The next morning (or a few hours later), use a spackling spatula to smear some bark butter on a tree branch, in little nooks and crannies of the tree, or in special bark butter bird feeders. Try to put some low down on an easy stump or hollow, where towhees and other birds that don't “cling” can get to it.
Try not to feed bark butter too late in the day; if it's left out overnight it will freeze hard and only the woodpeckers will be able to eat it! We usually feed them when we get up, and if the weather is bad we'll give them extra at lunch time.
Tip: Create a "cheat" measuring tub for the flour:
This saves measuring the flour each time, so you only have to do it once!
Carefully measure the 3 cups of All Purpose Flour, leveling off each cup. Pour the flour into a large yogurt container (an extra FAGE 1000g tub works fine here too). Rock it gently until the flour is level and not peaked in the center. Take a Sharpie pen and draw a line around the top of the flour (see image, right). This line is how far up to measure the flour the NEXT time. Keep this marked container in your kit when you're done and you’ll never have to measure the flour carefully again!
Most of the recipes add the flour to the dry ingredients. However, I believe the flour is added to make the ingredients bind together. If so, it makes more sense to me to activate the flour with heat (flour+water+heat = wheat paste/glue). Once I started doing it this way, the flour the bark butter held together better, reducing the “crumbliness”. I could also cut back on the flour (from 4 cups to 3 cups).
The original recipes online call for equal part lard and peanut butter, but we found that was too dry. When we tried to smear it on the tree branch, it would crumble and fall. Adding more PB made it stickier. Heating the flour seems to make it stickier too. So after a few experiments, we settled on the recipe above.

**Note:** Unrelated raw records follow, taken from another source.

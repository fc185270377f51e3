-- ===== src/Sdp/Numbers.antt =====
-- The port and the payload types, written with `<<` and read with `>>` and `stoi`.
use cpp_meet.Common.{
  ℕ, ◌-◌, ◌%◌, ◌^◌, ◌<◌, ◌≡◌, ◌≢◌, refl, ap, sym, ◌∙◌, false, [], ◌∷◌, ◌++◌, ◌==◌, arith, ltb, leb,
  if◌then◌else◌, if_elim, none, some, All, All-map, append-nil, ◌&&◌, ◌||◌, le→ltb, ltb→lt, ltb→le,
}
use cpp_meet.Common.Decimal.{decimal, digits, int_text, is_space, read_number, skip_spaces}
use cpp_meet.Wire.{Bytes}
use cpp_meet.Sdp.Lines.{IsFree}
use cpp_meet.Sdp.{int_of, left, port_of, read_int, read_port, stoi}
use cpp_meet.Sdp.Digits.{
  IsBreak, IsDigit, digits_nonempty, digits-IsDigit, read_number-negative, read_number-decimal,
}

-- Nothing is skipped in front of a digit or a sign.
skip_spaces-folded :
    (xs rest : Bytes) → xs ≢ [] → All IsDigit xs → skip_spaces (xs ++ rest) ≡ xs ++ rest
unfolding skip_spaces is_space
skip_spaces-folded [] rest n h = absurd (n refl)
skip_spaces-folded (x ∷ xs) rest n (d, h) =
    ap (λ t. if t then skip_spaces (xs ++ rest) else x ∷ (xs ++ rest)) (shown x d)
  where
    shown : (c : ℕ) → IsDigit c → (c == 32 || (leb 9 c && leb c 13)) ≡ false
    shown c h = ground arith

skip_spaces-decimal : (n : ℕ) (rest : Bytes) → skip_spaces (decimal n ++ rest) ≡ decimal n ++ rest
unfolding decimal
skip_spaces-decimal n rest =
    skip_spaces-folded (digits 20 n) rest (digits_nonempty 19 n) (digits-IsDigit 20 n)

skip_blank-decimal :
    (n : ℕ) (rest : Bytes) → skip_spaces (32 ∷ (decimal n ++ rest)) ≡ decimal n ++ rest
unfolding skip_spaces is_space
skip_blank-decimal n rest = skip_spaces-decimal n rest

pub read_port-decimal :
    (n : ℕ) (rest : Bytes)
    → n < 2 ^ 16
    → IsBreak rest
    → read_port (some (32 ∷ (decimal n ++ rest))) ≡ (n, left rest)
unfolding read_port port_of
read_port-decimal n rest h b =
    ap (λ t. port_of (read_number t)) (skip_blank-decimal n rest)
    ∙ ap port_of (read_number-decimal n rest (omega (arith, h)) b)
    ∙ ap (λ t. if t then (65535, none) else (n, left rest)) (le→ltb 65535 n (omega arith))

-- An `int` behind spaces or none, that is, what is skipped is up to the caller.
int_of-int_text :
    (v : ℕ) (rest : Bytes)
    → v < 2 ^ 32
    → IsBreak rest
    → int_of (read_number (int_text v ++ rest)) ≡ some (v, left rest)
unfolding int_text int_of
int_of-int_text v rest h b =
    if_elim (λ t. int_of (read_number (t ++ rest)) ≡ some (v, left rest)) (ltb v (2 ^ 31))
      (decimal v) (b'-' ∷ decimal (2 ^ 32 - v))
      (λ e.
        ap int_of (read_number-decimal v rest (omega (arith, h)) b)
        ∙ ap (λ t. if t then none else some (v, left rest)) (small v (ltb→lt v (2 ^ 31) e)))
      (λ e.
        ap int_of (read_number-negative (2 ^ 32 - v) rest (omega arith) b)
        ∙ ap (λ t. if t then none else some ((2 ^ 32 - (2 ^ 32 - v)) % 2 ^ 32, left rest))
            (le→ltb (2 ^ 31) (2 ^ 32 - v) (let p = ltb→le v (2 ^ 31) e in omega arith))
        ∙ ap (λ t. some (t, left rest)) (let p = ltb→le v (2 ^ 31) e in omega arith))
  where
    small : (v : ℕ) → v < 2 ^ 31 → leb (2 ^ 31) v ≡ false
    small v h = ground arith

skip_spaces-int_text :
    (v : ℕ) (rest : Bytes) → skip_spaces (int_text v ++ rest) ≡ int_text v ++ rest
unfolding int_text skip_spaces is_space
skip_spaces-int_text v rest =
    if_elim (λ t. skip_spaces (t ++ rest) ≡ t ++ rest) (ltb v (2 ^ 31)) (decimal v)
      (b'-' ∷ decimal (2 ^ 32 - v)) (λ e. skip_spaces-decimal v rest) (λ e. refl)

skip_blank-int_text :
    (v : ℕ) (rest : Bytes) → skip_spaces (32 ∷ (int_text v ++ rest)) ≡ int_text v ++ rest
unfolding skip_spaces is_space
skip_blank-int_text v rest = skip_spaces-int_text v rest

pub read_int-int_text :
    (v : ℕ) (rest : Bytes)
    → v < 2 ^ 32
    → IsBreak rest
    → read_int (some (32 ∷ (int_text v ++ rest))) ≡ some (v, left rest)
unfolding read_int
read_int-int_text v rest h b =
    ap (λ t. int_of (read_number t)) (skip_blank-int_text v rest) ∙ int_of-int_text v rest h b

-- The bytes that stand in an `int`.
pub stoi-int_text : (v : ℕ) → v < 2 ^ 32 → stoi (int_text v) ≡ some v
unfolding stoi read_int
stoi-int_text v h =
    ap (λ t. elim (int_of (read_number t)) [ none ↦ none | some (w, rest) ↦ some w ])
      (ap skip_spaces (sym (append-nil (int_text v))) ∙ skip_spaces-int_text v [])
    ∙ ap (λ o. elim o [ none ↦ none | some (w, rest) ↦ some w ]) (int_of-int_text v [] h tt)

-- No other byte than a digit or a sign is in a number.
pub decimal-IsFree : (c n : ℕ) → c < b'0' → IsFree c (decimal n)
unfolding decimal
decimal-IsFree c n h =
    All-map IsDigit (λ b. b ≢ c) (λ b d e. omega arith) (digits 20 n) (digits-IsDigit 20 n)

pub int_text-IsFree : (c v : ℕ) → c < b'-' → IsFree c (int_text v)
unfolding int_text
int_text-IsFree c v h =
    if_elim (IsFree c) (ltb v (2 ^ 31)) (decimal v) (b'-' ∷ decimal (2 ^ 32 - v))
      (λ e. decimal-IsFree c v (omega arith))
      (λ e. ((λ g. omega arith), decimal-IsFree c (2 ^ 32 - v) (omega arith)))
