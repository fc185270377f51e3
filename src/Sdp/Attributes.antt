-- ===== src/Sdp/Attributes.antt =====
-- The attributes of a medium, read back.
use cpp_meet.Common.{
  ℕ, suc, ◌+◌, ◌^◌, ◌<◌, ◌≡◌, ◌≢◌, refl, ap, ap₂, sym, ◌∙◌, true, false, List, [], ◌∷◌, ◌++◌, ◌==◌,
  arith, ◌&&◌, if◌then◌else◌, length, drop, Option, none, some, All, All-append, append_assoc,
  append-nil, length-append, take-append, drop-append,
}
use cpp_meet.Common.Decimal.{int_text}
use cpp_meet.Common.Text.{codes, search, starts_with}
use cpp_meet.Wire.{Bytes}
use cpp_meet.Sdp.{
  Sdp, SdpMedia, add_rtpmap, cur_media, put, put_attribute, read_attribute, read_field, read_line,
  read_rtpmap, rtpmap_text, stoi, with_media,
}
use cpp_meet.Sdp.Numbers.{int_text-IsFree, stoi-int_text}
use cpp_meet.Sdp.Lines.{IsFree, lacks, lacks-IsFree, read, read-put}

-- The last medium, in front of which the others stand.
abbrev append_last : List SdpMedia → Option SdpMedia → Option (List SdpMedia)
append_last ms none = none
append_last ms (some y) = some (ms ++ (y ∷ []))

abbrev cons_media : SdpMedia → Option (List SdpMedia) → Option (List SdpMedia)
cons_media m none = none
cons_media m (some ms) = some (m ∷ ms)

cons_media-append_last :
    (m : SdpMedia) (ms : List SdpMedia) (o : Option SdpMedia)
    → cons_media m (append_last ms o) ≡ append_last (m ∷ ms) o
cons_media-append_last m ms none = refl
cons_media-append_last m ms (some y) = refl

cur_media-append :
    (f : SdpMedia → Option SdpMedia) (m : SdpMedia) (ms : List SdpMedia) (x : SdpMedia)
    → cur_media f (m ∷ (ms ++ (x ∷ []))) ≡ cons_media m (cur_media f (ms ++ (x ∷ [])))
unfolding cur_media
cur_media-append f m [] x = refl
cur_media-append f m (n ∷ ms) x = refl

cur_media-last :
    (f : SdpMedia → Option SdpMedia) (ms : List SdpMedia) (x : SdpMedia)
    → cur_media f (ms ++ (x ∷ [])) ≡ append_last ms (f x)
unfolding cur_media
cur_media-last f [] x = refl
cur_media-last f (m ∷ ms) x =
    cur_media-append f m ms x
    ∙ ap (cons_media m) (cur_media-last f ms x)
    ∙ cons_media-append_last m ms (f x)

-- A description whose last medium is the current one.
abbrev pub at : Sdp → List SdpMedia → SdpMedia → Sdp
at s ms x = record s { media = ms ++ (x ∷ []) }

abbrev pub set_last : Sdp → List SdpMedia → Option SdpMedia → Option Sdp
set_last s ms none = none
set_last s ms (some y) = some (at s ms y)

with_media-append_last :
    (s : Sdp) (ms : List SdpMedia) (x : SdpMedia) (o : Option SdpMedia)
    → with_media (at s ms x) (append_last ms o) ≡ set_last s ms o
with_media-append_last s ms x none = refl
with_media-append_last s ms x (some y) = refl

pub read_line_attribute :
    (value : Bytes) (s : Sdp) (ms : List SdpMedia) (x : SdpMedia)
    → read_line (codes "a=" ++ value) (at s ms x) ≡ set_last s ms (read_attribute value x)
unfolding read_line read_field
read_line_attribute value s ms x =
    ap (with_media (at s ms x)) (cur_media-last (read_attribute value) ms x)
    ∙ with_media-append_last s ms x (read_attribute value x)

pub IsFree-append :
    (c : ℕ) (name value : Bytes) → lacks c name ≡ true → IsFree c value → IsFree c (name ++ value)
IsFree-append c name value h v = All-append (λ b. b ≢ c) name value (lacks-IsFree c name h) v

read_attribute_line :
    (value rest : Bytes) (s : Sdp) (ms : List SdpMedia) (x y : SdpMedia)
    → IsFree 10 value
    → read_attribute value x ≡ some y
    → read (put (codes "a=" ++ value) rest) (at s ms x) ≡ read rest (at s ms y)
read_attribute_line value rest s ms x y h e =
    read-put (codes "a=" ++ value) rest (at s ms x) (at s ms y)
      (IsFree-append 10 (codes "a=") value refl h)
      (read_line_attribute value s ms x ∙ ap (set_last s ms) e)

-- An attribute that is written where it is not empty, read into a field that is empty before.
pub read-put_attribute :
    (name value rest : Bytes) (s : Sdp) (ms : List SdpMedia) (field : Bytes → SdpMedia)
    → lacks 10 name ≡ true
    → IsFree 10 value
    → ((v : Bytes) → read_attribute (name ++ v) (field []) ≡ some (field v))
    → read (put_attribute (codes "a=" ++ name) value rest) (at s ms (field []))
      ≡ read rest (at s ms (field value))
unfolding put_attribute
read-put_attribute name [] rest s ms field n h e = refl
read-put_attribute name (c ∷ cs) rest s ms field n h e =
    read_attribute_line (name ++ (c ∷ cs)) rest s ms (field []) (field (c ∷ cs))
      (IsFree-append 10 name (c ∷ cs) n h) (e (c ∷ cs))

pub read_ufrag :
    (m : SdpMedia) (v : Bytes)
    → read_attribute (codes "ice-ufrag:" ++ v) m ≡ some (record m { ice_ufrag = v })
unfolding read_attribute starts_with
read_ufrag m v = refl

pub read_pwd :
    (m : SdpMedia) (v : Bytes)
    → read_attribute (codes "ice-pwd:" ++ v) m ≡ some (record m { ice_pwd = v })
unfolding read_attribute starts_with
read_pwd m v = refl

pub read_fingerprint :
    (m : SdpMedia) (v : Bytes)
    → read_attribute (codes "fingerprint:" ++ v) m ≡ some (record m { fingerprint = v })
unfolding read_attribute starts_with
read_fingerprint m v = refl

pub read_candidate :
    (m : SdpMedia) (v : Bytes)
    → read_attribute (codes "candidate:" ++ v) (record m { candidate = [] })
      ≡ some (record m { candidate = v })
unfolding read_attribute starts_with
read_candidate m v = refl

-- A space behind a text without one is found at its end.
search-append :
    (i : ℕ) (w rest : Bytes)
    → IsFree 32 w
    → search (32 ∷ []) i (w ++ (32 ∷ rest)) ≡ some (length w + i)
unfolding search starts_with
search-append i [] rest h = ap some (omega arith)
search-append i (c ∷ w) rest (d, h) =
    ap (λ b. if b then some i else search (32 ∷ []) (suc i) (w ++ (32 ∷ rest))) (blank c d)
    ∙ search-append (suc i) w rest h
    ∙ ap some (omega arith)
  where
    blank : (c : ℕ) → c ≢ 32 → ((32 == c) && true) ≡ false
    blank c d = ground arith

pub read_attribute_rtpmap :
    (m : SdpMedia) (w codec : Bytes)
    → IsFree 32 w
    → read_attribute (codes "rtpmap:" ++ (w ++ (32 ∷ codec))) m ≡ add_rtpmap m codec (stoi w)
unfolding read_attribute starts_with read_rtpmap
read_attribute_rtpmap m w codec h =
    ap (read_rtpmap m (w ++ (32 ∷ codec))) (search-append 0 w codec h)
    ∙ ap₂ (λ t u. add_rtpmap m t (stoi u))
        (ap (λ t. drop t (w ++ (32 ∷ codec))) (omega arith)
          ∙ ap (drop (length w + 1)) (sym (append_assoc w (32 ∷ []) codec))
          ∙ drop-append (w ++ (32 ∷ [])) codec (length w + 1) (sym (length-append w (32 ∷ []))))
        (take-append w (32 ∷ codec) (length w + 0) (omega arith))

-- The entries come back behind those that are there.
pub read-rtpmap_text :
    (entries done : List (ℕ × Bytes)) (rest : Bytes) (s : Sdp) (ms : List SdpMedia) (x : SdpMedia)
    → All (λ e. (e.0 < 2 ^ 32) × IsFree 10 e.1) entries
    → read (rtpmap_text entries rest) (at s ms (record x { rtpmap = done }))
      ≡ read rest (at s ms (record x { rtpmap = done ++ entries }))
unfolding rtpmap_text add_rtpmap
read-rtpmap_text [] done rest s ms x h =
    ap (λ t. read rest (at s ms (record x { rtpmap = t }))) (sym (append-nil done))
read-rtpmap_text ((pt, codec) ∷ entries) done rest s ms x ((w, c), hs) =
    read_attribute_line (codes "rtpmap:" ++ (int_text pt ++ (32 ∷ codec)))
      (rtpmap_text entries rest) s ms (record x { rtpmap = done })
      (record x { rtpmap = done ++ ((pt, codec) ∷ []) })
      (IsFree-append 10 (codes "rtpmap:") (int_text pt ++ (32 ∷ codec)) refl (
        All-append (λ b. b ≢ 10) (int_text pt) (32 ∷ codec) (int_text-IsFree 10 pt (omega arith))
          ((λ e. omega arith), c)))
      (read_attribute_rtpmap (record x { rtpmap = done }) (int_text pt) codec
          (int_text-IsFree 32 pt (omega arith))
        ∙ ap (add_rtpmap (record x { rtpmap = done }) codec) (stoi-int_text pt w))
    ∙ read-rtpmap_text entries (done ++ ((pt, codec) ∷ [])) rest s ms x hs
    ∙ ap (λ t. read rest (at s ms (record x { rtpmap = t })))
        (append_assoc done ((pt, codec) ∷ []) entries)
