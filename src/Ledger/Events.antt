-- ===== src/Ledger/Events.antt =====
-- What a step may do to an event of the outbox, row by row of the statements of
-- internal/repository/outbox_repo.go.
pub mod Settled
pub mod Final
use pay_flow_mock.Prelude.{
  ◌==◌, if◌then◌else◌, Bool-cases, ℕ, ◌≤◌, ◌≡◌, refl, ap, ◌≢◌, inl, inr, Bool, true, false, ◌||◌,
  Option, none, some, List, [], ◌∷◌, arith,
}
use pay_flow_mock.Domain.Outbox.{
  OutboxStatus, pending, delivered, dead, OutboxEvent, outbox_status_eq, outbox_status_eq_iff,
}
use pay_flow_mock.Repository.{Env, find_event, put_event, find_event-put}
use pay_flow_mock.Repository.Outbox.{
  is_due, select_due, claimed, is_among, mark_claimed, is_stale, reclaim_rows,
}

-- No two events have one id: the table's primary key.
abbrev pub HasDistinctIds : List OutboxEvent → Type 0
HasDistinctIds [] = Unit
HasDistinctIds (e ∷ events) = (find_event e.id events ≡ none) × HasDistinctIds events

-- An event that the worker is done with.
abbrev pub is_settled : OutboxEvent → Bool
is_settled e =
    outbox_status_eq e.status OutboxStatus.delivered || outbox_status_eq e.status OutboxStatus.dead

-- The same message, with no fewer attempts; settled, it has not changed at all.
pub record EventOnward (old new : OutboxEvent) : Type 0 where
  pub same_id : new.id ≡ old.id
  pub same_payment : new.payment_id ≡ old.payment_id
  pub same_kind : new.event_type ≡ old.event_type
  pub same_url : new.webhook_url ≡ old.webhook_url
  pub same_payload : new.payload ≡ old.payload
  pub no_fewer_attempts : old.attempt_count ≤ new.attempt_count
  pub final : is_settled old ≡ true → new ≡ old

pub EventOnward-refl : (e : OutboxEvent) → EventOnward e e
EventOnward-refl e = record {
  same_id = refl;
  same_payment = refl;
  same_kind = refl;
  same_url = refl;
  same_payload = refl;
  no_fewer_attempts = omega arith;
  final = λ h. refl;
}

-- A change of an open event in what the worker keeps of it.
pub open-EventOnward :
    (old new : OutboxEvent)
    → is_settled old ≢ true
    → new ≡ record old {
      status = new.status;
      last_error = new.last_error;
      attempt_count = new.attempt_count;
      next_retry_at = new.next_retry_at;
      delivered_at = new.delivered_at;
      updated_at = new.updated_at;
    }
    → old.attempt_count ≤ new.attempt_count
    → EventOnward old new
open-EventOnward old new unsettled same attempts = record {
  same_id = ap (λ e. e.id) same;
  same_payment = ap (λ e. e.payment_id) same;
  same_kind = ap (λ e. e.event_type) same;
  same_url = ap (λ e. e.webhook_url) same;
  same_payload = ap (λ e. e.payload) same;
  no_fewer_attempts = attempts;
  final = λ settled. absurd (unsettled settled);
}

abbrev pub EventsOnward : List OutboxEvent → List OutboxEvent → Type 0
EventsOnward before after =
    (j : ℕ) (e : OutboxEvent)
    → find_event j before ≡ some e
    → (new : OutboxEvent) × (find_event j after ≡ some new) × EventOnward e new

abbrev on_found : (OutboxEvent → OutboxEvent) → Option OutboxEvent → Option OutboxEvent
on_found f none = none
on_found f (some e) = some (f e)

abbrev pub claimed_if : ℕ → List OutboxEvent → OutboxEvent → OutboxEvent
claimed_if now due e = if is_among e.id due then claimed now e else e

abbrev pub reclaimed_if : ℕ → ℕ → OutboxEvent → OutboxEvent
reclaimed_if now micros e =
    if is_stale now micros e
    then record e { status = OutboxStatus.pending; next_retry_at = now; updated_at = now }
    else e

pub find_event-mark_claimed :
    (j now : ℕ) (due events : List OutboxEvent)
    → find_event j (mark_claimed now due events)
      ≡ on_found (claimed_if now due) (find_event j events)
unfolding mark_claimed
find_event-mark_claimed j now due [] = refl
find_event-mark_claimed j now due (e ∷ events) =
    ground (arith, find_event-mark_claimed j now due events)

pub find_event-reclaim_rows :
    (j now micros : ℕ) (events : List OutboxEvent)
    → find_event j (reclaim_rows now micros events)
      ≡ on_found (reclaimed_if now micros) (find_event j events)
unfolding reclaim_rows
find_event-reclaim_rows j now micros [] = refl
find_event-reclaim_rows j now micros (e ∷ events) =
    ground (arith, find_event-reclaim_rows j now micros events)

pub mark_claimed-HasDistinctIds :
    (now : ℕ) (due events : List OutboxEvent)
    → HasDistinctIds events
    → HasDistinctIds (mark_claimed now due events)
unfolding mark_claimed
mark_claimed-HasDistinctIds now due [] h = tt
mark_claimed-HasDistinctIds now due (e ∷ events) (new, rest) = (
  ground (arith, find_event-mark_claimed e.id now due events),
  mark_claimed-HasDistinctIds now due events rest,
)

pub reclaim_rows-HasDistinctIds :
    (now micros : ℕ) (events : List OutboxEvent)
    → HasDistinctIds events
    → HasDistinctIds (reclaim_rows now micros events)
unfolding reclaim_rows
reclaim_rows-HasDistinctIds now micros [] h = tt
reclaim_rows-HasDistinctIds now micros (e ∷ events) (new, rest) = (
  ground (arith, find_event-reclaim_rows e.id now micros events),
  reclaim_rows-HasDistinctIds now micros events rest,
)

pub put_event-HasDistinctIds :
    (event : OutboxEvent) (events : List OutboxEvent)
    → HasDistinctIds events
    → HasDistinctIds (put_event event events)
put_event-HasDistinctIds event [] h = tt
put_event-HasDistinctIds event (e ∷ events) (new, rest) = elim (Bool-cases (e.id == event.id)) [
  | inl same ↦ rw same (ground (arith), rest)
  | inr other ↦
      rw other (
        ground (arith, find_event-put e.id event events),
        put_event-HasDistinctIds event events rest,
      )
]

-- An event that no table holds is not due in it; one that is due was pending.
none_due :
    (env : Env) (locked : ℕ → Bool) (j : ℕ) (events : List OutboxEvent)
    → find_event j events ≡ none
    → is_among j (select_due env locked events) ≡ false
unfolding is_among select_due
none_due env locked j [] h = refl
none_due env locked j (e ∷ events) h = ground (arith, none_due env locked j events)

pub due-pending :
    (env : Env) (locked : ℕ → Bool) (j : ℕ) (events : List OutboxEvent) {e : OutboxEvent}
    → HasDistinctIds events
    → find_event j events ≡ some e
    → is_among j (select_due env locked events) ≡ true
    → e.status ≡ OutboxStatus.pending
unfolding is_among select_due is_due
due-pending env locked j [] d h chosen = ground arith
due-pending env locked j (q ∷ events) {e} (new, rest) h chosen = ground (
  arith,
  none_due env locked j events,
  due-pending env locked j events {e = e} rest,
  outbox_status_eq_iff e.status OutboxStatus.pending,
)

The first few times I made it, it took me so long I thought I'd never make it again! But once I had organized my box of utensils, and practiced a few times, I can now make the first batch in about 45 minutes from start to finish, then the second batch takes about 30 minutes, plus cleanup and time to put everything away. So allow 1.5 hours total for two batches once you get organized.
Depending on how much you spoil your birds, how bad the weather, and the number of birds you have, a tub will last from a couple of days(!) to two weeks. In very bad weather, we feed twice a day (morning and lunch).
And just wait until you see how many birds will be lining up and tweeting for you in the morning, and how much they enjoy it!